Sarah turns back around, apparently bolstered enough by her own anger. She rests her weight against the counter again, hands curled around the edge; Rachel drinks in the familiarity, all the pieces around the edges of Sarah that are like a version of Rachel that Rachel no longer owns.

“I’ve been here,” Sarah says. “And you’ve seen me. So now what. If you say you want to see Kira you’re out on your arse, I don’t care why.”

Rachel sighs through her nose, slow and long. “What is it that you think I’m going to _do_ to her,” she says, exhausted.

“You know what I think?” Sarah says. “I think you found another shitty corporation just like DYAD, and you’re working for them now, and when they say _jump_ you’ll say _how high_ and when they say _go kidnap a kid_ you’ll get on a bloody plane and you’ll come here. That’s what I think.”

“Steffl,” Rachel says.

“What?”

“It’s a department store,” Rachel says.

This is a terrible thing to think, and she would never – _never_ – give any indication of it to Sarah, but: part of the reason Rachel took the job is because of how she thought Sarah might react to it. She’s considered, so many times – while taking the train to work, while lying in bed, while spreading out papers over her desk – the exact expression Sarah might make.
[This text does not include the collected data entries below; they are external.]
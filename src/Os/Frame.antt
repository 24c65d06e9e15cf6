-- ===== src/Os/Frame.antt =====
-- Calls of package os: which files they leave as they are.
use warp_router.Prelude.{
  String, string_eq, true, Option, none, some, ◌≡◌, ◌≢◌, refl, inl, inr, lookup, lookup-insert,
  lookup-erase, Bool-cases, arith, text_iff,
}
use warp_router.Os.{
  Files, World, Machine, reading, saving, deleting, contents, missing, put, write_file, read_file,
  remove,
}

lookup-put_ne :
    (path k : String) (o : Option String) (fs : Files)
    → path ≢ k
    → lookup k (put path o fs) ≡ lookup k fs
lookup-put_ne path k none fs h = ground (arith, h, lookup-erase path k fs, text_iff path k)
lookup-put_ne path k (some c) fs h = ground (arith, h, lookup-insert path k c fs, text_iff path k)

module _ (os : Machine) where
  pub write_file-other :
      (path content k : String) (w : World)
      → path ≢ k
      → lookup k (write_file os path content w).0.files ≡ lookup k w.files
  unfolding write_file
  write_file-other path content k w h =
      elim (Bool-cases (os.succeeds w.log (saving path content))) [
        | inl worked ↦ rw worked (lookup-put_ne path k (some content) w.files h)
        | inr failed ↦
            rw failed (lookup-put_ne path k (os.remains w.log (saving path content)) w.files h)
      ]

  pub remove-other :
      (path k : String) (w : World)
      → path ≢ k
      → lookup k (remove os path w).0.files ≡ lookup k w.files
  unfolding remove
  remove-other path k w h = elim (Bool-cases (os.succeeds w.log (deleting path))) [
    | inl worked ↦ rw worked (lookup-put_ne path k none w.files h)
    | inr failed ↦ rw failed refl
  ]

  -- No ReadFile of a file that is there fails, and no WriteFile.
  pub record NeverFails : Type 0 where
    pub reads : (w : World) (path : String) → os.succeeds w.log (reading path) ≡ true
    pub saves : (w : World) (path content : String) → os.succeeds w.log (saving path content) ≡ true

  module _ (reliable : NeverFails) where
    pub write_file_found :
        (path content : String) (w : World)
        → lookup path (write_file os path content w).0.files ≡ some content
    unfolding write_file
    write_file_found path content w =
        rw (reliable.saves w path content, lookup-insert, (text_iff path path).1 refl) refl

    pub write_file_works :
        (path content : String) (w : World) → (write_file os path content w).1 ≡ true
    unfolding write_file
    write_file_works path content w = rw (reliable.saves w path content) refl

    pub read_file_found :
        (path content : String) (w : World)
        → lookup path w.files ≡ some content
        → (read_file os path w).1 ≡ contents content
    unfolding read_file
    read_file_found path content w h = rw (reliable.reads w path, h) refl

    pub read_file_missing :
        (path : String) (w : World) → lookup path w.files ≡ none → (read_file os path w).1 ≡ missing
    unfolding read_file
    read_file_missing path w h = rw (reliable.reads w path, h) refl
Rachel Duncan, nemesis, shark, stageshow villain: working on the board of a _department_ store.

Sarah is making the expression now. It is extremely, ridiculously satisfying.

“I don’t think they’d appreciate it if I brought back a child,” Rachel says, ruthlessly strangling her own humor so it doesn’t appear in her voice. “Although the new Gucci children’s line _does_ need more crowd testing.”
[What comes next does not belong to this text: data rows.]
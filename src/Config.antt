-- ===== src/Config.antt =====
-- internal/config/config.go: the site configuration. A pointer that may be nil is an Option, a Go
-- `int` is ℤ, and a map of strings is an association list.
pub mod Errors
pub mod Validate
pub mod Valid
pub mod Load
use warp_router.Prelude.{ℤ, String, Bool, Option, List}

-- WAN uplink health monitoring.
pub record HealthCheck : Type 0 where
  pub target : String
  pub interval : ℤ
  pub timeout : ℤ
  pub failures : ℤ

pub record Interface : Type 0 where
  pub name : String
  pub role : String
  pub device : String
  pub address : String
  pub gateway : String
  pub vlan : ℤ
  pub health_check : Option HealthCheck

-- A DHCP scope for a LAN segment.
pub record DhcpSubnet : Type 0 where
  pub subnet : String
  pub interface : String
  pub pool_start : String
  pub pool_end : String
  pub gateway : String
  pub dns_servers : List String
  pub lease_time : ℤ
  pub options : List (String × String)

pub record DhcpConfig : Type 0 where
  pub enabled : Bool
  pub subnets : List DhcpSubnet

pub record DnsConfig : Type 0 where
  pub enabled : Bool
  pub listen : List String
  pub forwarders : List String
  pub allow_from : List String

pub record FirewallZone : Type 0 where
  pub name : String
  pub interfaces : List String

-- An inter-zone forwarding rule.
pub record ForwardRule : Type 0 where
  pub from : String
  pub to : String
  pub action : String
  pub protocol : String
  pub port : String
  pub source : String
  pub dest : String

-- A rule for traffic to the router itself.
pub record InputRule : Type 0 where
  pub zone : String
  pub action : String
  pub protocol : String
  pub port : String
  pub source : String

pub record Firewall : Type 0 where
  pub zones : List FirewallZone
  pub forward_rules : List ForwardRule
  pub input_rules : List InputRule

pub record EcmpConfig : Type 0 where
  pub enabled : Bool

-- A policy-based routing rule.
pub record PbrRule : Type 0 where
  pub name : String
  pub priority : ℤ
  pub source : String
  pub interface : String

pub record Sysctl : Type 0 where
  pub conntrack_max : ℤ

pub record SiteConfig : Type 0 where
  pub hostname : String
  pub interfaces : List Interface
  pub dhcp : Option DhcpConfig
  pub dns : Option DnsConfig
  pub firewall : Option Firewall
  pub ecmp : Option EcmpConfig
  pub pbr : List PbrRule
  pub sysctl : Option Sysctl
“Is this funny to you?” Sarah says, voice rising in self-righteous swoops. “This all a big laugh? Thought you’d come back here and _laugh_ at me, Rachel? At all of us? Huh?”
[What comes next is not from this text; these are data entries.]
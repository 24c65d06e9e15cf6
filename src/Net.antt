-- ===== src/Net.antt =====
-- Go's package net, as far as the program uses it: addresses and networks are byte lists, and
-- Contains is the library's. How a text is read or written is a parameter.
use Prim.Native.Nat.{bit_and}
use warp_router.Prelude.{
  ℕ, String, Bool, true, not, ◌&&◌, Option, none, some, List, [], ◌∷◌, length, nat_eq, ◌==◌,
  if◌then◌else◌,
}

-- net.IP: 4 or 16 bytes.
abbrev pub Ip : Type 0
Ip = List ℕ

-- net.IPNet
pub record IpNet : Type 0 where
  pub ip : Ip
  pub mask : List ℕ

-- The functions of package net that read and write texts. A failed parse is none.
pub record Net : Type 0 where
  pub parse_ip : String → Option Ip
  pub parse_cidr : String → Option (Ip × IpNet)
  pub ip_to_string : Ip → String
  pub net_to_string : IpNet → String

-- IP.To4: none is nil.
unfoldable pub to4 : Ip → Option Ip
to4 (a ∷ b ∷ c ∷ d ∷ []) = some (a ∷ b ∷ c ∷ d ∷ [])
to4 (p0 ∷ p1 ∷ p2 ∷ p3 ∷ p4 ∷ p5 ∷ p6 ∷ p7 ∷ p8 ∷ p9 ∷ x ∷ y ∷ a ∷ b ∷ c ∷ d ∷ []) =
    if p0 == 0
      && p1 == 0
      && p2 == 0
      && p3 == 0
      && p4 == 0
      && p5 == 0
      && p6 == 0
      && p7 == 0
      && p8 == 0
      && p9 == 0
      && x == 255
      && y == 255
    then some (a ∷ b ∷ c ∷ d ∷ [])
    else none
to4 _ = none

abbrev or_self : Ip → Option Ip → Ip
or_self ip none = ip
or_self ip (some x) = x

abbrev drop12 : List ℕ → List ℕ
drop12 (_ ∷ _ ∷ _ ∷ _ ∷ _ ∷ _ ∷ _ ∷ _ ∷ _ ∷ _ ∷ _ ∷ _ ∷ m) = m
drop12 m = m

-- networkNumberAndMask of package net; a pair of nils is a pair of empty lists.
unfoldable pub network_and_mask : IpNet → Ip × List ℕ
unfolding to4
network_and_mask n =
    let ip = or_self n.ip (to4 n.ip) in
    if not (length ip == 4) && not (length ip == 16)
    then ([], [])
    else if length n.mask == 4
    then (if length ip == 4 then (ip, n.mask) else ([], []))
    else if length n.mask == 16
    then (ip, if length ip == 4 then drop12 n.mask else n.mask)
    else ([], [])

-- The loop of Contains: the same bits under the mask. A missing byte would be a panic; the lists
-- have one length where the loop runs.
abbrev masked_eq : List ℕ → List ℕ → List ℕ → Bool
masked_eq (a ∷ xs) (b ∷ ys) (m ∷ ms) = bit_and a m == bit_and b m && masked_eq xs ys ms
masked_eq _ _ _ = true

-- IPNet.Contains
unfoldable pub contains : IpNet → Ip → Bool
unfolding network_and_mask
contains n ip =
    let (nn, m) = network_and_mask n in
    let x = or_self ip (to4 ip) in length x == length nn && masked_eq nn x m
“No,” Rachel says. The humor evaporates. “I don’t know what I wanted. Actually—” _I was hoping you would know_ , she thinks, realizes the words are lined up on her tongue, discards them. No new words come in to fill the silence. Rachel touches her fingertips to the bruise on her face, the one Sarah left when she opened the door and saw Rachel and punched her in the jaw. It hurts. Of course it hurts. She doesn’t know what she was expecting.

Sarah moves to the fridge, opens it, grabs a juice box and slaps it on the table. She puts the milk back. She sits down across from Rachel again; her leg jitters under the table. Rachel picks up the juice box and presses it against her face and doesn’t feel better.

“Would apologize,” Sarah says, “but you like that shit, don’t you.”

“Well,” Rachel says, “not after he tried to choke me to death, no.”

“Oh. Shit. Sorry.”

The word falls out of Sarah’s mouth and hits the table and stays there, in the small pool of condensation left from the milk carton. They both stare at it. It doesn’t grow any bigger, or mean anything else, but one of them said it and now it’s in the room with them.

“Yes,” Rachel says, which is – horribly – the best she can do. _Don’t ask it_ , she thinks to herself, pleading, and then she asks it: “How are you faring, in that department.”

“In the department of getting slapped during sex,” Sarah says, actually sounding amused. “Great, thanks.” She sighs. Looks at the table. “Yeah, I dunno.” She shrugs a shoulder. “You got another boytoy, then?”

“No,” Rachel says. “I…” she sighs. “I find myself seeking a deeper understanding.”

Sarah doesn’t say anything. When Rachel looks at her, she sees Sarah staring at a grain in the wood like it’s a labyrinth she is trying to decipher. _It’s a straight line_ , Rachel thinks of saying, but she doesn’t think her advice would be appreciated.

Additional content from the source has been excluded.